Церковное оправдание и восхваление этих преступлений лишено хоть какой-нибудь убедительности. Церковь заявляет, что они совершаются во имя блага страдальца. Они должны наставить его на путь, очистить, возвысить, подготовить к пребыванию в обществе бога и ангелов — послать его на небеса, освященного раком, всяческими опухолями, оспой и всем прочим, что входит в эту систему воспитания и образования. И ведь если церковь хоть что-нибудь соображает, она должна знать, что она сама себя морочит. Ведь она могла бы понять, что если подобного рода воспитательные меры мудры и полезны, то мы все безумны, раз до сих пор не прибегаем к ним, воспитывая наших собственных детей.
Неужели церковь искренне верит, что мы способны улучшить очищающую и возвышающую систему, изобретенную всемогущим? По-моему, если бы церковь действительно верила тому, что она проповедует в этом отношении, она должна была бы посоветовать каждому отцу подражать методам всемогущего.
Однако едва церкви удается убедить свою паству, что эта система мудра и милосердна и придумана всемогущим, дабы наставлять на путь, очищать и возвышать его детей, которых он бесконечно любит, как церковь благоразумно прикусывает язык.
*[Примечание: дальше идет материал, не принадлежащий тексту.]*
-- ===== src/Dispatch/Contract/Whole.antt =====
-- `dispatch` of requirement_dispatcher.py from the choice of the route: its contract.
use mathlib.Core.Option.{some-injective}
use sdlc.Base.{String, ◌≡◌, refl, ◌⊎◌, inl, inr, Option, none, some, List, [], ◌∷◌, Bool-cases}
use sdlc.Fibery.{Requirement, Fallible, ok, failed}
use sdlc.Results.{WorkerResult, is_normal}
use sdlc.Routes.{Route, RouteSelection}
use sdlc.Differences.{Detail, binding_fields, changes}
use sdlc.Differences.Agreement.{Agree, changes-Agree, changes-nil}
use sdlc.Service.Growth.{Grows, here, later}
use sdlc.Service.{read, History, Workspace, RequirementWorkers, run}
use sdlc.Service.Effects.{worker_run, effects}
use sdlc.Dispatch.{
  DispatchOutcome, no_route, stale_route, fibery_read_failed, DispatchResult, classify,
  run_if_unchanged, run_reread, dispatch_route, dispatch,
}
use sdlc.Dispatch.Contract.{MeansAt, Means, check_postcondition-Means}

module _ (workspace : Workspace) (selection : RouteSelection) (workers : RequirementWorkers) where
  classify-Means :
      (route : Route) (result : WorkerResult) (h : History)
      → Means workspace selection route result h
          (classify workspace selection workers route result h)
  unfolding classify
  classify-Means route result h = elim (Bool-cases (is_normal result)) [
    | inl normal ↦ rw normal (check_postcondition-Means workspace selection route result h normal)
    | inr failed_worker ↦ rw failed_worker ((refl, refl), (failed_worker, refl))
  ]

  -- Why a dispatch that began at `h` called no worker.
  abbrev pub Refused : History → DispatchOutcome → Type 0
  Refused h no_route = selection.route ≡ none
  Refused h stale_route =
      (current : Option Requirement) × (workspace.on_read h selection.requirement.id ≡ ok current)
      × ((r : Requirement) → current ≡ some r → ¬ Agree binding_fields selection.requirement r)
  Refused h fibery_read_failed =
      (error : String) × (workspace.on_read h selection.requirement.id ≡ failed error)
  Refused h _ = ⊥

  -- The selected worker ran once, on a Requirement that a fresh read found as it was selected.
  pub record Ran (h : History) (d : DispatchResult) (h' : History) : Type 0 where
    pub route : Route
    pub result : WorkerResult
    pub selected : selection.route ≡ some route
    pub fresh : Requirement
    pub reread : workspace.on_read h selection.requirement.id ≡ ok (some fresh)
    pub unchanged : Agree binding_fields selection.requirement fresh
    pub start : History
    pub called : effects start ≡ worker_run route.worker selection.requirement.id ∷ effects h
    pub order : Grows h start
    pub meaning : MeansAt workspace selection route result start h' d

  abbrev pub Contract : History → DispatchResult × History → Type 0
  Contract h (d, h') =
      ((d.worker_result ≡ none) × (d.selection ≡ selection))
        × Refused h d.outcome
        × (effects h' ≡ effects h)
      ⊎ Ran h d h'

  run_if_unchanged-Contract :
      (route : Route) (h : History) (fresh : Requirement)
      → selection.route ≡ some route
      → workspace.on_read h selection.requirement.id ≡ ok (some fresh)
      → (drift : List Detail) → changes binding_fields selection.requirement fresh ≡ drift
      → Contract h (
          run_if_unchanged workspace selection workers route drift
            (read selection.requirement.id (workspace.on_read h selection.requirement.id) ∷ h))
  unfolding run_if_unchanged
  run_if_unchanged-Contract route h fresh sel reread (d ∷ drift) e =
      let other : (r : Requirement) → fresh ≡ r → ¬ Agree binding_fields selection.requirement r =
        λ r same_one same.
          cc (e, changes-nil binding_fields selection.requirement r same, same_one) in
      inl (
        (refl, refl),
        (some fresh, reread, λ r got same. other r (some-injective fresh r got) same),
        refl,
      )
  run_if_unchanged-Contract route h fresh sel reread [] e =
      let h₁ = read selection.requirement.id (workspace.on_read h selection.requirement.id) ∷ h in
      let (result, start) = run workers route.worker selection.requirement.id h₁ in
      inr (record {
        route = route;
        result = result;
        selected = sel;
        fresh = fresh;
        reread = reread;
        unchanged = changes-Agree binding_fields _ _ e;
        start = start;
        called = refl;
        order = later _ (later _ here);
        meaning = classify-Means route result start;
      })

  run_reread-Contract :
      (route : Route) (h : History) (answer : Fallible (Option Requirement))
      → selection.route ≡ some route
      → workspace.on_read h selection.requirement.id ≡ answer
      → Contract h (
          run_reread workspace selection workers route answer
            (read selection.requirement.id (workspace.on_read h selection.requirement.id) ∷ h))
  unfolding run_reread
  run_reread-Contract route h (failed e) sel reread = inl ((refl, refl), (e, reread), refl)
  run_reread-Contract route h (ok none) sel reread =
      inl ((refl, refl), (none, reread, λ r got same. cc), refl)
  run_reread-Contract route h (ok (some fresh)) sel reread =
      run_if_unchanged-Contract route h fresh sel reread _ refl

  route-Contract :
      (found : Option Route) (h : History)
      → selection.route ≡ found
      → Contract h (dispatch_route workspace selection workers found h)
  unfolding dispatch_route
  route-Contract none h sel = inl ((refl, refl), sel, refl)
  route-Contract (some route) h sel =
      run_reread-Contract route h (workspace.on_read h selection.requirement.id) sel refl

  pub dispatch-Contract : (h : History) → Contract h (dispatch workspace workers selection h)
  unfolding dispatch
  dispatch-Contract h = route-Contract selection.route h refl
Она не рискует пойти дальше и объяснить, почему те же преступные кары и муки ниспосылаются и высшим животным — аллигаторам, тиграм и всем прочим. Она даже заявляет, что зверей ждет вечная смерть, подразумевая под этим, что их грустная жизнь начинается и кончается здесь, на земле, что они никуда дальше не отправляются, что для них нет рая, что ни бог, ни ангелы, ни праведные души не жаждут их общества в потустороннем мире. Это ставит церковь в смешное положение, потому что, несмотря на все ее хитроумные объяснения и апологии, она таким образом обличает своего бога как злобного и безжалостного тирана по отношению к ни в чем не повинным зверям. Во всяком случае и совершенно бесспорно, она этим молчанием бесповоротно осуждает его как злобного владыку, успев перед этим убедить свою паству, что он слагается только из сострадания, праведности и всеобъемлющей любви. Церковь попросту не знает, как примирить эти вопиющие противоречия, да и не пытается этого делать.
По полному отсутствию у него любого из тех качеств, которые могли бы украсить бога, внушить к нему уважение, вызвать благоговение и поклонение, настоящий бог, подлинный бог, творец необъятной вселенной ничем не отличается от всех остальных имеющихся в наличии богов. Он каждый день совершенно ясно показывает, что нисколько не интересуется ни человеком, ни другими животными — разве только для того, чтобы пытать их, уничтожать и извлекать из этого занятия какое-то развлечение, делая при этом все возможное, чтобы его вечное и неизменное однообразие ему не приелось.